## Task details
Scan the entries below for the word "cases" and copy every line where it turns up.

## Data records
= Beginning of Section =
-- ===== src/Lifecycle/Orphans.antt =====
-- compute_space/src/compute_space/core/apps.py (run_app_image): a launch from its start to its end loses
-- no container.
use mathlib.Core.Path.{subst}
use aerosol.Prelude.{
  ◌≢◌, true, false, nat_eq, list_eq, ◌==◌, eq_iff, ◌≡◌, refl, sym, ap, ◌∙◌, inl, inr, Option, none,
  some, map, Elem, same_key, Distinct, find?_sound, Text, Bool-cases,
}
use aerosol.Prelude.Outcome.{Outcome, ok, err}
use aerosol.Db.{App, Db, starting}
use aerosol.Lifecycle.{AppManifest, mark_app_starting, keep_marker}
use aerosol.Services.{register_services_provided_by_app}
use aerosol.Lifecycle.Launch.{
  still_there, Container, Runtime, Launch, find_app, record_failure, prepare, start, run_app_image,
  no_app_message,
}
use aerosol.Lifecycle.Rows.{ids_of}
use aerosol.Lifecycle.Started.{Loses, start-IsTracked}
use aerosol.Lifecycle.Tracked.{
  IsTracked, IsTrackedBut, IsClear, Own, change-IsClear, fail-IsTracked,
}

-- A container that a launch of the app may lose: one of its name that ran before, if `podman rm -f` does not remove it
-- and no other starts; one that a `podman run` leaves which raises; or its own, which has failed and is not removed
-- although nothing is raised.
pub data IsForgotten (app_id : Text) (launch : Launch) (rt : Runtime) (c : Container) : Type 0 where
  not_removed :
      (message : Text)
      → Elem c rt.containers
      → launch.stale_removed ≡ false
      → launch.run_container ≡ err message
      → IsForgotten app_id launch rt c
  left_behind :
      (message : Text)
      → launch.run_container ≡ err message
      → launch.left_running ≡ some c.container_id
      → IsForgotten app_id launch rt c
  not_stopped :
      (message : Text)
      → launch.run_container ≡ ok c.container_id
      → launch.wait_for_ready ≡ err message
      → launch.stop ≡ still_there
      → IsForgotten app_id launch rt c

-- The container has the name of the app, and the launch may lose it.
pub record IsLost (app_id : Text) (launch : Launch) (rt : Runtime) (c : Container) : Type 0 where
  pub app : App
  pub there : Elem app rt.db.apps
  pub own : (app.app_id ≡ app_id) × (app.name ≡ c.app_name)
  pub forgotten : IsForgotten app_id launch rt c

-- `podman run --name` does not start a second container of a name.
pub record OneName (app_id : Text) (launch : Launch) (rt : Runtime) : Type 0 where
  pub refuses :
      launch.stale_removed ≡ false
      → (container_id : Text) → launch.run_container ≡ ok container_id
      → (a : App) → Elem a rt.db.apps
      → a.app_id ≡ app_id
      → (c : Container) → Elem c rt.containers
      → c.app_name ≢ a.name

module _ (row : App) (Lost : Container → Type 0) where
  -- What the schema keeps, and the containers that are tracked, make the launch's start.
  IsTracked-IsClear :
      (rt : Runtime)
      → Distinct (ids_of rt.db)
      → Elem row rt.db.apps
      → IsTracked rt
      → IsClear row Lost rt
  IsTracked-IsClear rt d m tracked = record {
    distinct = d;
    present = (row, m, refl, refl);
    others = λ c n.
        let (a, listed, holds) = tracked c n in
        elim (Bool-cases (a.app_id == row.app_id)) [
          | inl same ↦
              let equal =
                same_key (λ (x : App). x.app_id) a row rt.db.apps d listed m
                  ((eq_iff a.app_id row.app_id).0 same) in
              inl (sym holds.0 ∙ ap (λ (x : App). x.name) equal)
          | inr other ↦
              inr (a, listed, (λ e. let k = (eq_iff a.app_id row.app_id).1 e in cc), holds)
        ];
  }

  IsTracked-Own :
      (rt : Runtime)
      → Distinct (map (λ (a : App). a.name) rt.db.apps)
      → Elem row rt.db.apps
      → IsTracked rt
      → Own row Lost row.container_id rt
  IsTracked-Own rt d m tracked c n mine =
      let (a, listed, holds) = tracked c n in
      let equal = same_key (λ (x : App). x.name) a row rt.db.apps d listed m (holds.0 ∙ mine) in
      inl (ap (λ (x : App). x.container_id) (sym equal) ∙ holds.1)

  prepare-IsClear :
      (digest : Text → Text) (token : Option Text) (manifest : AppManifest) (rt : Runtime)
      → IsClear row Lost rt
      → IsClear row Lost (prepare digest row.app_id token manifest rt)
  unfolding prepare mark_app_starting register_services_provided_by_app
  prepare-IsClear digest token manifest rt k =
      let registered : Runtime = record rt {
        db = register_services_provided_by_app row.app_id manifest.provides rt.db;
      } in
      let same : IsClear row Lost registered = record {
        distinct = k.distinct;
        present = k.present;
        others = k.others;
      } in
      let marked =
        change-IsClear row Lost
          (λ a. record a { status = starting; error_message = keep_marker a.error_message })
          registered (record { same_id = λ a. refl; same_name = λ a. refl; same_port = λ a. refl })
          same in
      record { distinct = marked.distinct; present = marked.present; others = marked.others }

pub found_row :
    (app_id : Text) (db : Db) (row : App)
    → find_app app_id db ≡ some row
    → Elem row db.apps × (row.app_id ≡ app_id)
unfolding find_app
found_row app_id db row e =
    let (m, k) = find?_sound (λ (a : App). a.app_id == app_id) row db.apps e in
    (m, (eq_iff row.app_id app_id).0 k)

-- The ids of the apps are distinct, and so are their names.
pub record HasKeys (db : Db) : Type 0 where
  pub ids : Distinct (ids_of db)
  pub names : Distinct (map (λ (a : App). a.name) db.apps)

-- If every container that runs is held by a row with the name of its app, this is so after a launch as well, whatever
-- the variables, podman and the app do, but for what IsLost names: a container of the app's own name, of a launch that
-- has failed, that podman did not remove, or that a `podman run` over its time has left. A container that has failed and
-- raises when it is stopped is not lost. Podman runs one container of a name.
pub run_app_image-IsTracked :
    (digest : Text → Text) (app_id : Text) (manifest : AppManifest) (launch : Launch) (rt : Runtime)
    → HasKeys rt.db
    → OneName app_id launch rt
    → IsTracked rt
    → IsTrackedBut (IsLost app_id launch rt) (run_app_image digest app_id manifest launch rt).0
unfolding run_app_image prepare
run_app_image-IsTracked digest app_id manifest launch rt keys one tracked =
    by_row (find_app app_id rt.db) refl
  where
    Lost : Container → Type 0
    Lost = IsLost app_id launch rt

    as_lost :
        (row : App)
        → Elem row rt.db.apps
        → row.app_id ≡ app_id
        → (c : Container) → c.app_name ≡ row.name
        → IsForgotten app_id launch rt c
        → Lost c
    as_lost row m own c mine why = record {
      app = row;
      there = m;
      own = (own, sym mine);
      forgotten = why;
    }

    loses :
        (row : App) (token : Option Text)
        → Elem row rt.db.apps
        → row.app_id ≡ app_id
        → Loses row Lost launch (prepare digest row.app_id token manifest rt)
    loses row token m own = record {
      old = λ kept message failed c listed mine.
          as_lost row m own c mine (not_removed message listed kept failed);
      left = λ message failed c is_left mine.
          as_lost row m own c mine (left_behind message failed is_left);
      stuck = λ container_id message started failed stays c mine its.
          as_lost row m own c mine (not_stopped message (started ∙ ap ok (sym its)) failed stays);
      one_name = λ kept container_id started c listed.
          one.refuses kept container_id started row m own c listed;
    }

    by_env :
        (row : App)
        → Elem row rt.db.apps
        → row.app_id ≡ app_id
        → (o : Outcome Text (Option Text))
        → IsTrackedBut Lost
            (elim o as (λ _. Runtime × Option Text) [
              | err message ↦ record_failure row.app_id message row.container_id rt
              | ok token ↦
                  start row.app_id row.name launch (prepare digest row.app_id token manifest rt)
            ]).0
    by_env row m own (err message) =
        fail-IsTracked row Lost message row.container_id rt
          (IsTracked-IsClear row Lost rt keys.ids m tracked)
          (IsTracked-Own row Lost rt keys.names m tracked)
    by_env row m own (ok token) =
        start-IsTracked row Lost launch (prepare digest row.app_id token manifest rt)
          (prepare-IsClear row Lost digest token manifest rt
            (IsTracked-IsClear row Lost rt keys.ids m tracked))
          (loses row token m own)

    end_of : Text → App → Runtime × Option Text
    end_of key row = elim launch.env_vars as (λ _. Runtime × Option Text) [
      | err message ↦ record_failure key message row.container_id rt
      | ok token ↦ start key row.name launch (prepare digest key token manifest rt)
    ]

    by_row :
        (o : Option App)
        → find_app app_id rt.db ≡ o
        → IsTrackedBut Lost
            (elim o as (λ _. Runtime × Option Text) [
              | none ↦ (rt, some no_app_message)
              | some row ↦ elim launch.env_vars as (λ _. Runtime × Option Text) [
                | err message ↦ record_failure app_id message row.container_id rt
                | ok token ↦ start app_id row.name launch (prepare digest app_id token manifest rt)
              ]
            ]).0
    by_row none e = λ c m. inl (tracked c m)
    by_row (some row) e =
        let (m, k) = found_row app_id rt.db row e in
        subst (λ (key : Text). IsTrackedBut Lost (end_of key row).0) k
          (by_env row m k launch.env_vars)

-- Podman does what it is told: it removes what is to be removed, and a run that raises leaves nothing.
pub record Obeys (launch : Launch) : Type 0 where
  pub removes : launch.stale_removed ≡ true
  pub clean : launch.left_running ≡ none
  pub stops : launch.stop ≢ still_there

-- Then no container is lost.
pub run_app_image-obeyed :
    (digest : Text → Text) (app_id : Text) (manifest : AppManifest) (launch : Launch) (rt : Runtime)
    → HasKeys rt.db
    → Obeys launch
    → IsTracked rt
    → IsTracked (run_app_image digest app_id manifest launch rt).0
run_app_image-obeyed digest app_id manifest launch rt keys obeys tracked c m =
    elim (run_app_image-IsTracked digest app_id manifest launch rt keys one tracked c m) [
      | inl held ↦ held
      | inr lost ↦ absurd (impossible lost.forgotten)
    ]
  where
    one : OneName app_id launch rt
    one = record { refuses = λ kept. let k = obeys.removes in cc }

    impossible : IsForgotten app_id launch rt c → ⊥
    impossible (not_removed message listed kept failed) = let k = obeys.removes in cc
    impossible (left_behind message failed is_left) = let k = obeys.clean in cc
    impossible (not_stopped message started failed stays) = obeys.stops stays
= End of Section =
= Beginning of Section =
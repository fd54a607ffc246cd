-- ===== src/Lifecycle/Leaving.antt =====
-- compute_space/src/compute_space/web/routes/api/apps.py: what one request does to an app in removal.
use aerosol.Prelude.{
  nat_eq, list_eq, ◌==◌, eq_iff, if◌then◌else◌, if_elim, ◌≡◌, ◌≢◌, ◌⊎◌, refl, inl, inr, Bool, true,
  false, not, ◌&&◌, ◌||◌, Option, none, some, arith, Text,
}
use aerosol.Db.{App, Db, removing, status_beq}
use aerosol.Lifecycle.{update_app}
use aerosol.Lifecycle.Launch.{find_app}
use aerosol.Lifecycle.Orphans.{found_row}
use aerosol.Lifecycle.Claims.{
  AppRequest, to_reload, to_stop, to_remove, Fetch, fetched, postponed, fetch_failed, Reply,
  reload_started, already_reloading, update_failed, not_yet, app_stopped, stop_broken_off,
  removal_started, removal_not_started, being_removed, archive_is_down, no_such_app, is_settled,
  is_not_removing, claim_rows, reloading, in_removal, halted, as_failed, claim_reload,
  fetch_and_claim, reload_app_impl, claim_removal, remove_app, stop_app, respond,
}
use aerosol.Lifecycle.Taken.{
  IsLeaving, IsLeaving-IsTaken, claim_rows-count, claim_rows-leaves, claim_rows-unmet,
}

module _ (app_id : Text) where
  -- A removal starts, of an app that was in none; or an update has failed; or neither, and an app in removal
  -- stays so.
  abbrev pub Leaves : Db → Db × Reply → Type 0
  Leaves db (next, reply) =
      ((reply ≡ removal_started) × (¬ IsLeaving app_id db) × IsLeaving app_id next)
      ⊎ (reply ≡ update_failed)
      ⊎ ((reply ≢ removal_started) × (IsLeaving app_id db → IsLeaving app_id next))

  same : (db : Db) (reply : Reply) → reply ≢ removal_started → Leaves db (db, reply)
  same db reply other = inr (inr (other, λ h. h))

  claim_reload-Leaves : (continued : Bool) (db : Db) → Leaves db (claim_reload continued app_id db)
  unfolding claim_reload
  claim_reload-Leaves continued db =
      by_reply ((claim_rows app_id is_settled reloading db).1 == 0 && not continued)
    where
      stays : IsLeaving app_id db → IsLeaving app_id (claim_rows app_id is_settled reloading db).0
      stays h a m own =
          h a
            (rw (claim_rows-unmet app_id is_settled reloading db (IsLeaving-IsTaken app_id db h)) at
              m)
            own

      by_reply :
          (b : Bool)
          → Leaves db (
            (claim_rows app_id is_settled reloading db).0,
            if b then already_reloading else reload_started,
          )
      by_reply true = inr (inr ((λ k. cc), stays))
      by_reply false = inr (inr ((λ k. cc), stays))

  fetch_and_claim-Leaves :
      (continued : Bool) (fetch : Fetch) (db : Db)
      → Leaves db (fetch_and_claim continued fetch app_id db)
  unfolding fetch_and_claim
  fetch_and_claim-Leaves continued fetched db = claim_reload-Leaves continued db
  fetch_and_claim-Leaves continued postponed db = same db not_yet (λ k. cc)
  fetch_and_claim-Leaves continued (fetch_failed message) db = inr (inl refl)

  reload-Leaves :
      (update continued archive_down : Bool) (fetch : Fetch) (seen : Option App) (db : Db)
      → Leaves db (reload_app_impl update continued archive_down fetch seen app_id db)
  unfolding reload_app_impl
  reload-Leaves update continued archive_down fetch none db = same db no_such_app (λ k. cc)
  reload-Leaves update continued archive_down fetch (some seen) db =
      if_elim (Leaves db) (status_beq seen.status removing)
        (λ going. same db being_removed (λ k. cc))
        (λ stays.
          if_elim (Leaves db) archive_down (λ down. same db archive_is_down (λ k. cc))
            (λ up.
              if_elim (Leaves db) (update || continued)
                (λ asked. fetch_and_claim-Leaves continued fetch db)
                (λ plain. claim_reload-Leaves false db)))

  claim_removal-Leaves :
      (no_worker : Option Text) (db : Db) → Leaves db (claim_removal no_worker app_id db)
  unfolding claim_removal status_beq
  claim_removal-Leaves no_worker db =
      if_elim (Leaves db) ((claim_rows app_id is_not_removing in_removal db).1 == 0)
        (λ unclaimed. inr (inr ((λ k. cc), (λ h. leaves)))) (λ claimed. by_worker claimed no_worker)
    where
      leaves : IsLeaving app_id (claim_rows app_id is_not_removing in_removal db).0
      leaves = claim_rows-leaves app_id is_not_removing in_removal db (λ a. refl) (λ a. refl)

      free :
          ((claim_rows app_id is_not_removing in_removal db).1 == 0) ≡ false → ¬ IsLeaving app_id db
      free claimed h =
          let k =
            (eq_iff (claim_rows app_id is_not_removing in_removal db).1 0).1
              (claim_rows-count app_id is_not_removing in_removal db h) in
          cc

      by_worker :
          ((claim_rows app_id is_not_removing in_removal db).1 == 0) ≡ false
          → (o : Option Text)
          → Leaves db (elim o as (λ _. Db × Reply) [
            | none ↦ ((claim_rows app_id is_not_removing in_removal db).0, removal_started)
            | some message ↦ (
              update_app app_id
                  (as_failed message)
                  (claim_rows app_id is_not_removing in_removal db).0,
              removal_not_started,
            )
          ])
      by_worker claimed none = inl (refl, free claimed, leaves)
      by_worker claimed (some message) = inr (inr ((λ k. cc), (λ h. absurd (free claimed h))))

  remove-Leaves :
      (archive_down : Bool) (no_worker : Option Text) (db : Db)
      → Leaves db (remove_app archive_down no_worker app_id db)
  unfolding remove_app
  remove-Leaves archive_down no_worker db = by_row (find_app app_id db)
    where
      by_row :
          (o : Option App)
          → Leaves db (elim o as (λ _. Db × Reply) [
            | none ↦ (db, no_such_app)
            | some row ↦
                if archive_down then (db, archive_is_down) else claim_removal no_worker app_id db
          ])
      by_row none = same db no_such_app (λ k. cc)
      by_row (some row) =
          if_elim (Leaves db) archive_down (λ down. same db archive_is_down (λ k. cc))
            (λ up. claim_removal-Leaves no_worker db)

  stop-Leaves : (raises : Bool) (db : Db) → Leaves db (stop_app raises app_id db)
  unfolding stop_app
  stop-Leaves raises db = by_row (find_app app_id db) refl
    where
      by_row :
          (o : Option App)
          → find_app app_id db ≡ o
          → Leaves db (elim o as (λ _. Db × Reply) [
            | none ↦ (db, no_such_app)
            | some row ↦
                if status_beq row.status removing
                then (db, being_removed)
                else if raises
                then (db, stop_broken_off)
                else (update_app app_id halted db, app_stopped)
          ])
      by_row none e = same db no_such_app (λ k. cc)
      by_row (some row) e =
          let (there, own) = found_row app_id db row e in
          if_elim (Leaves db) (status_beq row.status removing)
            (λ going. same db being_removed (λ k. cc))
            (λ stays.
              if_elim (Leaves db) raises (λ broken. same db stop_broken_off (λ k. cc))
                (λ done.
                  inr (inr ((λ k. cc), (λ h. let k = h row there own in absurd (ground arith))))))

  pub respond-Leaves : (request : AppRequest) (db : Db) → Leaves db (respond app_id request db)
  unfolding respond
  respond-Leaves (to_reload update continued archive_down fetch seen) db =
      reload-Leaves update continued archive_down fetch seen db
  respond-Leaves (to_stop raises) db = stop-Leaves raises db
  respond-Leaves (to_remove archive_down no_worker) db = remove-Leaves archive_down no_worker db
= End of Section =
= Beginning of Section =
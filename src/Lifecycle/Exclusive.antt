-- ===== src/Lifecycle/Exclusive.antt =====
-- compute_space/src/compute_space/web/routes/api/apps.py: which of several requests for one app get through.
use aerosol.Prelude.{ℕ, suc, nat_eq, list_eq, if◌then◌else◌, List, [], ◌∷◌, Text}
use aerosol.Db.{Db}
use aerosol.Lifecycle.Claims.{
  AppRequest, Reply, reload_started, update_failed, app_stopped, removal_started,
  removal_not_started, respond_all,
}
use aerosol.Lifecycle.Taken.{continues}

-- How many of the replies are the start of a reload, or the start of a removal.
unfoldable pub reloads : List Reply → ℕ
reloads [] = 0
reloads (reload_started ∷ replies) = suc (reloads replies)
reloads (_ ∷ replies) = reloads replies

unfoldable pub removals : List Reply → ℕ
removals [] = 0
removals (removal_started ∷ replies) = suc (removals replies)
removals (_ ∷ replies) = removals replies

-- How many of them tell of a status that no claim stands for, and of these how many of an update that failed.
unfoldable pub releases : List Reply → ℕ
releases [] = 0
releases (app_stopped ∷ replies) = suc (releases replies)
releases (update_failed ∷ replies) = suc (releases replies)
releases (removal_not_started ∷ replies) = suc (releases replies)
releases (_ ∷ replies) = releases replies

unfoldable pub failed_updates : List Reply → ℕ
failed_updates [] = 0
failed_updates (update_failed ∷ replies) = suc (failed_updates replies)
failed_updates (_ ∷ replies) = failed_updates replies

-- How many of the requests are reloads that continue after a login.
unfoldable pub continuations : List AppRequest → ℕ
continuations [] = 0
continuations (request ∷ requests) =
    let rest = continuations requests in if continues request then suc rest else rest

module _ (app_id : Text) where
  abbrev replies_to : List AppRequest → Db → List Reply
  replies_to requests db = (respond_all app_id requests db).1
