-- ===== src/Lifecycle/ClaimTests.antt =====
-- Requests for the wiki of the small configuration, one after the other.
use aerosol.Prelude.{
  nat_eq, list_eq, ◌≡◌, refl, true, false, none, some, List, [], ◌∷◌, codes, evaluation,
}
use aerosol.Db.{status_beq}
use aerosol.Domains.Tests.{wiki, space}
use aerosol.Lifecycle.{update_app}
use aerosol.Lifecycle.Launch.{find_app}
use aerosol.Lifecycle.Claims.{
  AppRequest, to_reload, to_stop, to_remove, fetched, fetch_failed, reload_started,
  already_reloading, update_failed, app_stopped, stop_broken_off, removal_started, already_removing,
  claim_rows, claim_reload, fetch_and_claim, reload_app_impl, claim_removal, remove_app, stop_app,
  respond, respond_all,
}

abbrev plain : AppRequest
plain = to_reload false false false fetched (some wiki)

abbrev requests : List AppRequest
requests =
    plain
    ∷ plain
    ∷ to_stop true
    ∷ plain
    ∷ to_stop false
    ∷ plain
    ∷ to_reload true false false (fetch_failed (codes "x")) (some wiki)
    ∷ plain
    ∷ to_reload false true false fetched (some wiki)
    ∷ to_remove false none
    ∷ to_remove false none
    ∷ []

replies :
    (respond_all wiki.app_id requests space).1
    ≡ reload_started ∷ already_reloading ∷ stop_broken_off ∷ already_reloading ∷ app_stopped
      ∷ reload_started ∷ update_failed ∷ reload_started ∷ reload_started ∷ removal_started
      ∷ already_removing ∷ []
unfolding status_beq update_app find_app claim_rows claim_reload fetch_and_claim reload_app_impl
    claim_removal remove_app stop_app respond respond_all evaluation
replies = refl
= End of Section =
## Answer box
  some, map, Elem, same_key, Distinct, find?_sound, Text, Bool-cases,
        elim (Bool-cases (a.app_id == row.app_id)) [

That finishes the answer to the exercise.